(395e) Using Light Illumination to Control DNA Condensation
A means to control DNA compaction with light illumination has been developed using the interaction of DNA with a photoresponsive cationic surfactant. The surfactant undergoes a reversible photoisomerization upon exposure to visible (trans) or UV (cis) light. As a result, surfactant binding to DNA and the resulting DNA condensation can be tuned with light. Dynamic light scattering (DLS) measurements are used to follow lambda-DNA compaction from the elongated-coil (end-to-end distance of 1.27 mm) to the compact globular (hydrodynamic radius of 120 nm) form as a function of surfactant addition and light illumination. Moreover, the light-scattering results demonstrate that the compaction process is completely photoreversible. Fluorescence microscopy with T4-DNA is used to further confirm the light-scattering results, allowing single-molecule detection of the light-controlled coil-to-globule transition. These structural studies were combined with absorbance and fluorescence spectroscopy of crystal violet in order to elucidate the binding mechanism of the photosurfactant to DNA. The results indicate that both electrostatic and hydrophobic forces are important in the compaction process. The combined results clearly show the ability to control the interaction between DNA and the complexing agent and, therefore, DNA condensation with light.

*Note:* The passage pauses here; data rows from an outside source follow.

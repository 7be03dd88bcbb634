-- ===== src/Fs/Dir/Search.antt =====
-- The search through the entries of a directory block (lab4/fs5600.c).
use neu_cs5600_cmpsys.Base.{
  ℕ, zero, suc, ◌+◌, ◌≤◌, ◌<◌, ◌≡◌, ◌≢◌, refl, sym, ap, ◌∙◌, inl, inr, Bool, true, false, none,
  some, arith, Bool-cases, ℕ_discrete,
}
use neu_cs5600_cmpsys.Fs.Dir.{search_from}

-- Only the tests of the entries in range count.
pub search_from-ext :
    (p q : ℕ → Bool) (k n : ℕ)
    → ((j : ℕ) → k ≤ j → j < k + n → p j ≡ q j)
    → search_from p k n ≡ search_from q k n
unfolding search_from
search_from-ext p q k zero h = refl
search_from-ext p q k (suc n) h =
    let here : p k ≡ q k = h k (omega arith) (omega arith) in
    let rest : search_from p (k + 1) n ≡ search_from q (k + 1) n =
      search_from-ext p q (k + 1) n (λ j a b. h j (omega arith) (omega arith)) in
    ground arith

pub search_from-none :
    (p : ℕ → Bool) (k n : ℕ) → search_from p k n ≡ none → (j : ℕ) → k ≤ j → j < k + n → p j ≡ false
unfolding search_from
search_from-none p k zero e j a b = absurd (omega arith)
search_from-none p k (suc n) e j a b = elim (Bool-cases (p k)) [
  | inl t ↦ absurd (ground arith)
  | inr f ↦ elim (ℕ_discrete k j) [
    | yes same ↦ ap p (sym same) ∙ f
    | no other ↦ search_from-none p (k + 1) n (ground arith) j (omega arith) (omega arith)
  ]
]

pub search_from-some :
    (p : ℕ → Bool) (k n j : ℕ) → search_from p k n ≡ some j → (p j ≡ true) × (k ≤ j) × (j < k + n)
unfolding search_from
search_from-some p k zero j e = absurd (ground arith)
search_from-some p k (suc n) j e = elim (Bool-cases (p k)) [
  | inl t ↦ let same : k ≡ j = ground arith in (ap p (sym same) ∙ t, omega arith, omega arith)
  | inr f ↦
      let (t, a, b) = search_from-some p (k + 1) n j (ground arith) in
      (t, omega (arith, a), omega (arith, b))
]

-- A search that only one entry in range passes finds it.
pub search_from-only :
    (p : ℕ → Bool) (k n j : ℕ)
    → p j ≡ true
    → ((i : ℕ) → k ≤ i → i < k + n → i ≢ j → p i ≡ false)
    → k ≤ j
    → j < k + n
    → search_from p k n ≡ some j
unfolding search_from
search_from-only p k zero j t h a b = absurd (omega arith)
search_from-only p k (suc n) j t h a b = elim (ℕ_discrete k j) [
  | yes same ↦ rw same (rw (t, search_from) refl)
  | no other ↦
      rw (h k (omega arith) (omega arith) other, search_from)
        (search_from-only p (k + 1) n j t (λ i c d. h i (omega arith) (omega arith)) (omega arith)
          (omega arith))
]

pub search_from-all :
    (p : ℕ → Bool) (k n : ℕ)
    → ((j : ℕ) → k ≤ j → j < k + n → p j ≡ false)
    → search_from p k n ≡ none
unfolding search_from
search_from-all p k zero h = refl
search_from-all p k (suc n) h =
    rw (h k (omega arith) (omega arith), search_from)
      (search_from-all p (k + 1) n (λ j a b. h j (omega arith) (omega arith)))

DNA condensation is relevant from the point of view of gene therapy, where it has been shown that complexation and the resulting compaction are essential to protect DNA from nuclease and to allow entry of DNA into cells, mainly by the endocytic pathway. Indeed, this method is preferred over viral delivery vectors, due to the potential for immunological responses associated with the use of viruses. However, while complexing agents can increase cellular uptake as a result of DNA neutralization and compaction, the tight binding of these same agents to DNA may also generally preclude or greatly reduce nuclear uptake, resulting in lower transfection efficiencies compared to viral vectors. This occurs because in the condensed state, the interaction of DNA with intracellular molecules such as importin or transportin, which transport DNA into the nucleus, are largely prevented. Thus, the development of these photoreversible DNA complexes could greatly increase transfection efficiency.